▶ **TO DO**
Print, in exact form, the lines below from the one containing "-- checksum behind" through the one containing "task-tasks build (frames", and omit all others.

▶ **THE RECORDS**
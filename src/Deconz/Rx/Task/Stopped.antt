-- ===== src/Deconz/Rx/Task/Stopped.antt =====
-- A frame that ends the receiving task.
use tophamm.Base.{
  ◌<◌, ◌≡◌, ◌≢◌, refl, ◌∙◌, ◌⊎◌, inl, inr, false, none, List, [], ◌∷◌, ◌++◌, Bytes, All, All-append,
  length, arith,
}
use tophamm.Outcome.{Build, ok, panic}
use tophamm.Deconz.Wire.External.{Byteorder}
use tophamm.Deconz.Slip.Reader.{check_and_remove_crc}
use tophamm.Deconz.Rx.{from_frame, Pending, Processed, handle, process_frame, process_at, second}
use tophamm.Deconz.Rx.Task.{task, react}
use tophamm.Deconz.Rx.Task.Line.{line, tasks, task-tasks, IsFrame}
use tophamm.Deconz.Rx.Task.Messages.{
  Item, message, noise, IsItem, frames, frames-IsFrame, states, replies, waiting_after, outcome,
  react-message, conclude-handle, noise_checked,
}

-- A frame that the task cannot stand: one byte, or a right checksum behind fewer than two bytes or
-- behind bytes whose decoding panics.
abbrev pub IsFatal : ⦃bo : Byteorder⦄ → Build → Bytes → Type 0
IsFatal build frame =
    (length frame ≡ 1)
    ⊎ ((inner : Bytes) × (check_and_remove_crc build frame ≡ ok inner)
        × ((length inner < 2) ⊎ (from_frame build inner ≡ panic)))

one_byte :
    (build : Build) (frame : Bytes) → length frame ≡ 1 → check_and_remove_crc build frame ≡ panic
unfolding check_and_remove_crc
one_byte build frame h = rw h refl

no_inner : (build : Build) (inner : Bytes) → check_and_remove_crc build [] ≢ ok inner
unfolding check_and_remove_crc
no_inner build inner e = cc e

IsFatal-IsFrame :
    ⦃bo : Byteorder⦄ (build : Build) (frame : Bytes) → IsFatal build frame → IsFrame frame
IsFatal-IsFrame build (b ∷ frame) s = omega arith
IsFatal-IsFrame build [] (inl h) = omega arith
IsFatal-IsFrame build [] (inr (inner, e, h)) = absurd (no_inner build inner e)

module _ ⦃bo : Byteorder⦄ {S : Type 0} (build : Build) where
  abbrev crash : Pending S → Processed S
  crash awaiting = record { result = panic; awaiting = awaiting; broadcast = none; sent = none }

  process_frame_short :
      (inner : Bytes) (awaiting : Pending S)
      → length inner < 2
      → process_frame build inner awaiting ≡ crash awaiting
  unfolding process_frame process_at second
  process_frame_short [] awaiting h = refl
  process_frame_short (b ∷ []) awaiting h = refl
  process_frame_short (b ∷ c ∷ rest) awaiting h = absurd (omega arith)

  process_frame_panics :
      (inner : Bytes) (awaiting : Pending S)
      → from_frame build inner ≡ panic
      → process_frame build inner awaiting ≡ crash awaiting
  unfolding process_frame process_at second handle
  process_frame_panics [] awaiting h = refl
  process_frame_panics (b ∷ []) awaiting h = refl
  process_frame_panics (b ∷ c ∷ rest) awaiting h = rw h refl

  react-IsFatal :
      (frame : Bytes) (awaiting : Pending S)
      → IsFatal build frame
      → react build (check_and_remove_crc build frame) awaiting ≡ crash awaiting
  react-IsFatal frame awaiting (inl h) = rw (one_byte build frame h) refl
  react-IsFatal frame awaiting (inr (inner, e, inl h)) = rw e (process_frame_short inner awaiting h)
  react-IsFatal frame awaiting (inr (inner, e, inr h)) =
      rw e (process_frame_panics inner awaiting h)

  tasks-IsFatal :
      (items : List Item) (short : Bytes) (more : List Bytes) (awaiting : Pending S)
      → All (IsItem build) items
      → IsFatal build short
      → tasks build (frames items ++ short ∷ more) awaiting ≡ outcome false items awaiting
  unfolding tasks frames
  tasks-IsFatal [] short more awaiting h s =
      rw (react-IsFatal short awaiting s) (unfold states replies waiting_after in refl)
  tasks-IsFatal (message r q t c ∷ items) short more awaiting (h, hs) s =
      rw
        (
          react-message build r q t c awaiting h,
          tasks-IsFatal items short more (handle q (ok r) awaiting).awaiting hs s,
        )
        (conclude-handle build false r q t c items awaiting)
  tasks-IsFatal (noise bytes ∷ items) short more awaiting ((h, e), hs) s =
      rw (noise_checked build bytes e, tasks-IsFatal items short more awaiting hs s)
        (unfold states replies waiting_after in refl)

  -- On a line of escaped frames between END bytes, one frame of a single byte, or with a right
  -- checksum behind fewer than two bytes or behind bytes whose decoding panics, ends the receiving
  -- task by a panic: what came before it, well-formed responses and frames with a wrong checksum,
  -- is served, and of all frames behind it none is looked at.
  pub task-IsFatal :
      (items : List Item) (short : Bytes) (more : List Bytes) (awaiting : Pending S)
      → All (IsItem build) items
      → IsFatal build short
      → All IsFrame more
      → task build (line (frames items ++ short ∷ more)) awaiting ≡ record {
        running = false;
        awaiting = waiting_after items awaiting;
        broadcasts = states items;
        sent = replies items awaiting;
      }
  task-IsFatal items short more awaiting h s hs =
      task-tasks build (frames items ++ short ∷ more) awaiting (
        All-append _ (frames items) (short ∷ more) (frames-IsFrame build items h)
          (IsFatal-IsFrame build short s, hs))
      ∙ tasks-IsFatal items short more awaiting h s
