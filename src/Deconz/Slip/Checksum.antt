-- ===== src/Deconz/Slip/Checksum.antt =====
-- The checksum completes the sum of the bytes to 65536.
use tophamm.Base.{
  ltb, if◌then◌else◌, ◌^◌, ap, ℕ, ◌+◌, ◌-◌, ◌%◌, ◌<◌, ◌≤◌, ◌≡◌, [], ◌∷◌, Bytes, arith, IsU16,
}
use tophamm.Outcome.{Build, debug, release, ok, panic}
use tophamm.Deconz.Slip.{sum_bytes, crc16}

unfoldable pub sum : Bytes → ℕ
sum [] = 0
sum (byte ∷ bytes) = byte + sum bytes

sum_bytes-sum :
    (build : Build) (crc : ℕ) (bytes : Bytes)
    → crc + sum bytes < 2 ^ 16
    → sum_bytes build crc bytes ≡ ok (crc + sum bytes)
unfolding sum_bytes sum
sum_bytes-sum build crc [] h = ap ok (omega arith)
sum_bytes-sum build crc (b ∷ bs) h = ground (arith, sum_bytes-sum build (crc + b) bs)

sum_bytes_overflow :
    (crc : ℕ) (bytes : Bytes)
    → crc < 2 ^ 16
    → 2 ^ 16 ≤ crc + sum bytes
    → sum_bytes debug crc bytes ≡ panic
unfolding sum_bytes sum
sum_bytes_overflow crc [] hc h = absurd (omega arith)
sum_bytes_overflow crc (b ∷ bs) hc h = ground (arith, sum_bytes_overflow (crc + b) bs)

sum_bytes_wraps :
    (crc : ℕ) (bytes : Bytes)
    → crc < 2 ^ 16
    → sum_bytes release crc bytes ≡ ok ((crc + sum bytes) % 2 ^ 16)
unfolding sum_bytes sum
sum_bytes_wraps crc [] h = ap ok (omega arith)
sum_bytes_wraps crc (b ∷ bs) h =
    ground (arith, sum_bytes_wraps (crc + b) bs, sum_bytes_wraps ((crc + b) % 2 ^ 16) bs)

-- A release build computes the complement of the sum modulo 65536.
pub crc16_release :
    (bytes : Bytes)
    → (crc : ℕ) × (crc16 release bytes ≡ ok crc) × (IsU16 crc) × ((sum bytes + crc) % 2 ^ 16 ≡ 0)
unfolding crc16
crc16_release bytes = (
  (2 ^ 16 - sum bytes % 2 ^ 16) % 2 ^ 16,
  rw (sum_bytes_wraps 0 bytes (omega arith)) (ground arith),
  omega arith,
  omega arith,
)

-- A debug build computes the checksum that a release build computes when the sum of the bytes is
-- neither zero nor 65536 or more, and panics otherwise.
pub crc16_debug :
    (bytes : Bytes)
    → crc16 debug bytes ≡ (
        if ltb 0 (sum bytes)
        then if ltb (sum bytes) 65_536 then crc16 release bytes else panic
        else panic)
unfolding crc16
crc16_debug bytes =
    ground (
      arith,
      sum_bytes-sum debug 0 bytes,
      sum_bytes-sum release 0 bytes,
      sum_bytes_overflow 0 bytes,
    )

▶ **EXERCISE RESPONSE**
  -- checksum behind fewer than two bytes or behind bytes whose decoding panics, ends the receiving
  -- task by a panic: what came before it, well-formed responses and frames with a wrong checksum,
  -- is served, and of all frames behind it none is looked at.
  pub task-IsFatal :
      (items : List Item) (short : Bytes) (more : List Bytes) (awaiting : Pending S)
      → All (IsItem build) items
      → IsFatal build short
      → All IsFrame more
      → task build (line (frames items ++ short ∷ more)) awaiting ≡ record {
        running = false;
        awaiting = waiting_after items awaiting;
        broadcasts = states items;
        sent = replies items awaiting;
      }
  task-IsFatal items short more awaiting h s hs =
      task-tasks build (frames items ++ short ∷ more) awaiting (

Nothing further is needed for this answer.